The economic boom promised by a natural gas pipeline is coming at a steep human price for a northern B.C. First Nation.

“I’ve had looks that would kill,” said Chief Victor Jim.

“I should be dead many times over.”

Jim, elected to Witset band council a year ago, said the battle over the Coastal GasLink (CGL) project has left a deep scar on his Wet’suwet’en community of 2,000.

That battle led to the RCMP moving in Monday to arrest band members from the Gidimt’en and Unist’ot’en clans who oppose the development, backed by five hereditary chiefs.

Jim said it was painful to learn of arrests.

“That never should have happened,” he said of the RCMP operation that continued Tuesday south of Houston, B.C.

“This has divided the community.”

RCMP took 14 people into custody at a homemade checkpoint on the Morice River Forest Road leading to the Unist’ot’en camp on the other side of the Morice River bridge.

Police were enforcing a court injunction approved Dec. 14, 2018 – something the company said Tuesday it wanted to avoid.

“It has been a long, and sometimes difficult, journey but we are proud of the relationships we’ve built, and the support of the communities and all 20 elected Indigenous bands along the route as well as the many hereditary chiefs who also support the project,” CGL president Rick Gateman said in an open letter released Tuesday.

The national chief of the Assembly of First Nations said using force against peaceful protesters was “a violation of their human and Aboriginal rights.

“Building consensus under duress will make the resolution of the situation in northern British Columbia very difficult,” Perry Bellegarde said in a statement Tuesday.

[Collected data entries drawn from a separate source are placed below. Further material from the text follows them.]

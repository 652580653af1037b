-- ===== src/Normalizing/Middles.antt =====
-- Medians and quartiles of a list in order, described by how it is split, and those that
-- computeMedian and computeQuartiles of normalizers/robustscaling find by index.
use argocd_autoscaler.Base.{
  ℕ, zero, suc, ◌+◌, ◌-◌, ◌/◌, ◌%◌, ◌≤◌, ◌<◌, ◌≡◌, refl, ap, sym, subst, ◌∙◌, some, List, [], ◌∷◌,
  ◌++◌, arith, Bool-cases, inl, inr, length, length-take, length-drop, get_elem?, get_elem?-some,
  take, drop, ltb, ◌==◌, some_inj,
}
use mathlib.Core.Path.{ap₂}
use argocd_autoscaler.Arithmetic.{Arithmetic}
use argocd_autoscaler.Outcomes.{
  returned, or_panic, returned_inj, >>=-eq_returned, or_panic-eq_returned,
}
use argocd_autoscaler.Normalizing.{
  mean_of, compute_median, compute_quartiles, compute_iqr, lower_half, upper_half,
}

module _ {A : Type 0} where
  split_at :
      (xs : List A) (i : ℕ) {x : A}
      → get_elem? xs i ≡ some x
      → xs ≡ take i xs ++ x ∷ drop (suc i) xs
  split_at [] i h = cc
  split_at (y ∷ xs) zero h = ap (λ z. z ∷ xs) (some_inj h)
  split_at (y ∷ xs) (suc i) h = ap (λ l. y ∷ l) (split_at xs i h)

  split_at_pair :
      (xs : List A) (i : ℕ) {x y : A}
      → get_elem? xs i ≡ some x
      → get_elem? xs (suc i) ≡ some y
      → xs ≡ take i xs ++ x ∷ y ∷ drop (suc (suc i)) xs
  split_at_pair [] i h k = cc
  split_at_pair (z ∷ []) zero h k = cc
  split_at_pair (z ∷ w ∷ xs) zero h k = ap₂ (λ a b. a ∷ b ∷ xs) (some_inj h) (some_inj k)
  split_at_pair (z ∷ xs) (suc i) h k = ap (λ l. z ∷ l) (split_at_pair xs i h k)

  take-append_drop : (i : ℕ) (xs : List A) → xs ≡ take i xs ++ drop i xs
  take-append_drop zero xs = refl
  take-append_drop (suc i) [] = refl
  take-append_drop (suc i) (x ∷ xs) = ap (λ l. x ∷ l) (take-append_drop i xs)

module _ (n : Arithmetic) where
  -- The middle of a list, or the mean of the two numbers in the middle.
  pub data IsMedian : List n.Float → n.Float → Type 0 where
    one :
        (low high : List n.Float) (x : n.Float)
        → length low ≡ length high
        → IsMedian (low ++ x ∷ high) x
    two :
        (low high : List n.Float) (x y : n.Float)
        → length low ≡ length high
        → IsMedian (low ++ x ∷ y ∷ high) (n.div (n.add x y) (n.of_nat 2))

  -- The distance of the medians of the halves, without the number in the middle, if there is one;
  -- and 0 where there are not two numbers.
  pub data IsDistance : List n.Float → n.Float → Type 0 where
    few : (xs : List n.Float) → length xs ≤ 1 → IsDistance xs (n.of_nat 0)
    even :
        (low high : List n.Float) (q1 q3 : n.Float)
        → length low ≡ length high
        → IsMedian low q1
        → IsMedian high q3
        → IsDistance (low ++ high) (n.sub q3 q1)
    odd :
        (low high : List n.Float) (x q1 q3 : n.Float)
        → length low ≡ length high
        → IsMedian low q1
        → IsMedian high q3
        → IsDistance (low ++ x ∷ high) (n.sub q3 q1)

  pub compute_median-IsMedian :
      (xs : List n.Float) {m : n.Float} → compute_median n xs ≡ returned m → IsMedian xs m
  unfolding compute_median
  compute_median-IsMedian xs {m} h = elim (Bool-cases (length xs == 0)) [
    | inl e ↦ ground (arith, rw e at h)
    | inr e ↦ elim (Bool-cases (length xs % 2 == 0)) [
      | inl e' ↦
          let h' : mean_of n (get_elem? xs (length xs / 2 - 1)) (get_elem? xs (length xs / 2))
              ≡ returned m =
            rw (e, e') at h in
          let (x, ex, hx) = >>=-eq_returned (or_panic (get_elem? xs (length xs / 2 - 1))) _ h' in
          let (y, ey, hy) = >>=-eq_returned (or_panic (get_elem? xs (length xs / 2))) _ hx in
          let next : length xs / 2 ≡ suc (length xs / 2 - 1) = ground arith in
          let split =
            split_at_pair xs (length xs / 2 - 1) (or_panic-eq_returned _ ex)
              (ap (get_elem? xs) (sym next) ∙ or_panic-eq_returned _ ey) in
          let low = take (length xs / 2 - 1) xs in
          let high = drop (suc (suc (length xs / 2 - 1))) xs in
          let balanced : length low ≡ length high = ground (
            arith,
            length-take (length xs / 2 - 1) xs (omega arith),
            length-drop (suc (suc (length xs / 2 - 1))) xs,
          ) in
          subst (λ l. IsMedian l m) (sym split)
            (subst (IsMedian (low ++ x ∷ y ∷ high)) (returned_inj hy) (two low high x y balanced))
      | inr e' ↦
          let at = or_panic-eq_returned (get_elem? xs (length xs / 2)) (rw (e, e') at h) in
          let low = take (length xs / 2) xs in
          let high = drop (suc (length xs / 2)) xs in
          let balanced : length low ≡ length high = ground (
            arith,
            length-take (length xs / 2) xs (omega arith),
            length-drop (suc (length xs / 2)) xs,
          ) in
          subst (λ l. IsMedian l m) (sym (split_at xs (length xs / 2) at)) (one low high m balanced)
    ]
  ]

  halves-IsDistance :
      (xs : List n.Float) (q1 q3 : n.Float)
      → 1 < length xs
      → IsMedian (lower_half n xs) q1
      → IsMedian (upper_half n xs) q3
      → IsDistance xs (n.sub q3 q1)
  halves-IsDistance xs q1 q3 h m1 m3 = elim (Bool-cases (length xs % 2 == 0)) [
    | inl e ↦
        let low = take (length xs / 2) xs in
        let high = drop (length xs / 2) xs in
        let balanced : length low ≡ length high =
          ground
            (arith, length-take (length xs / 2) xs (omega arith), length-drop (length xs / 2) xs) in
        subst (λ l. IsDistance l (n.sub q3 q1)) (sym (take-append_drop (length xs / 2) xs))
          (even low high q1 q3 balanced m1 (rw e at m3))
    | inr e ↦
        let (x, at) = get_elem?-some xs (length xs / 2) (omega arith) in
        let low = take (length xs / 2) xs in
        let high = drop (suc (length xs / 2)) xs in
        let balanced : length low ≡ length high = ground (
          arith,
          length-take (length xs / 2) xs (omega arith),
          length-drop (suc (length xs / 2)) xs,
        ) in
        let next : length xs / 2 + 1 ≡ suc (length xs / 2) = omega arith in
        subst (λ l. IsDistance l (n.sub q3 q1)) (sym (split_at xs (length xs / 2) at))
          (odd low high x q1 q3 balanced m1
            (subst (λ k. IsMedian (drop k xs) q3) next (rw e at m3)))
  ]

  pub compute_iqr-IsDistance :
      (xs : List n.Float) {iqr : n.Float} → compute_iqr n xs ≡ returned iqr → IsDistance xs iqr
  unfolding compute_iqr compute_quartiles
  compute_iqr-IsDistance xs {iqr} h = elim (Bool-cases (ltb 1 (length xs))) [
    | inr e ↦ subst (IsDistance xs) (returned_inj (rw e at h)) (few xs (ground (arith, e)))
    | inl e ↦
        let (q, eq, same) = >>=-eq_returned (compute_quartiles n xs) _ (rw e at h) in
        let (q1, e1, h') = >>=-eq_returned (compute_median n (lower_half n xs)) _ eq in
        let (q3, e3, h'') = >>=-eq_returned (compute_median n (upper_half n xs)) _ h' in
        let m1 = compute_median-IsMedian (lower_half n xs) e1 in
        let m3 = compute_median-IsMedian (upper_half n xs) e3 in
        let distance : n.sub q3 q1 ≡ iqr =
          ap (λ p. n.sub p.1 p.0) (returned_inj h'') ∙ returned_inj same in
        subst (IsDistance xs) distance (halves-IsDistance xs q1 q3 (ground (arith, e)) m1 m3)
  ]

“Real consensus will be built when the parties, with very different views, come together in meaningful and productive dialogue.”

The 10-year-old Unist’ot’en camp, while serving as a homestead and protest site, is also an addiction treatment centre.

Jim said his own brother was treated there.

“I’m between a rock and a hard place,” he said. “I’m an elected chief and a hereditary chief.”

The Wet’suwet’en system of clans and houses of membership has been around much longer than the Indian Act and its rules for Indigenous governance in Canada.

The hereditary chiefs describe themselves as caretakers of the land while elected officials look after government programs and allowances.

Jim said the pipeline was coming through the territory whether his people liked it or not. So they agreed to accept the financial benefit that came along with it and the promise of employment for 80 per cent of the population.

“There were no payments to individuals (on council),” he said in an interview Tuesday.

“That money will be used for the community – to improve roads, (help) save our language… and build houses.”

His is one of 20 elected band councils along the 670 km pipeline route to accept financial and other incentives in exchange for allowing construction.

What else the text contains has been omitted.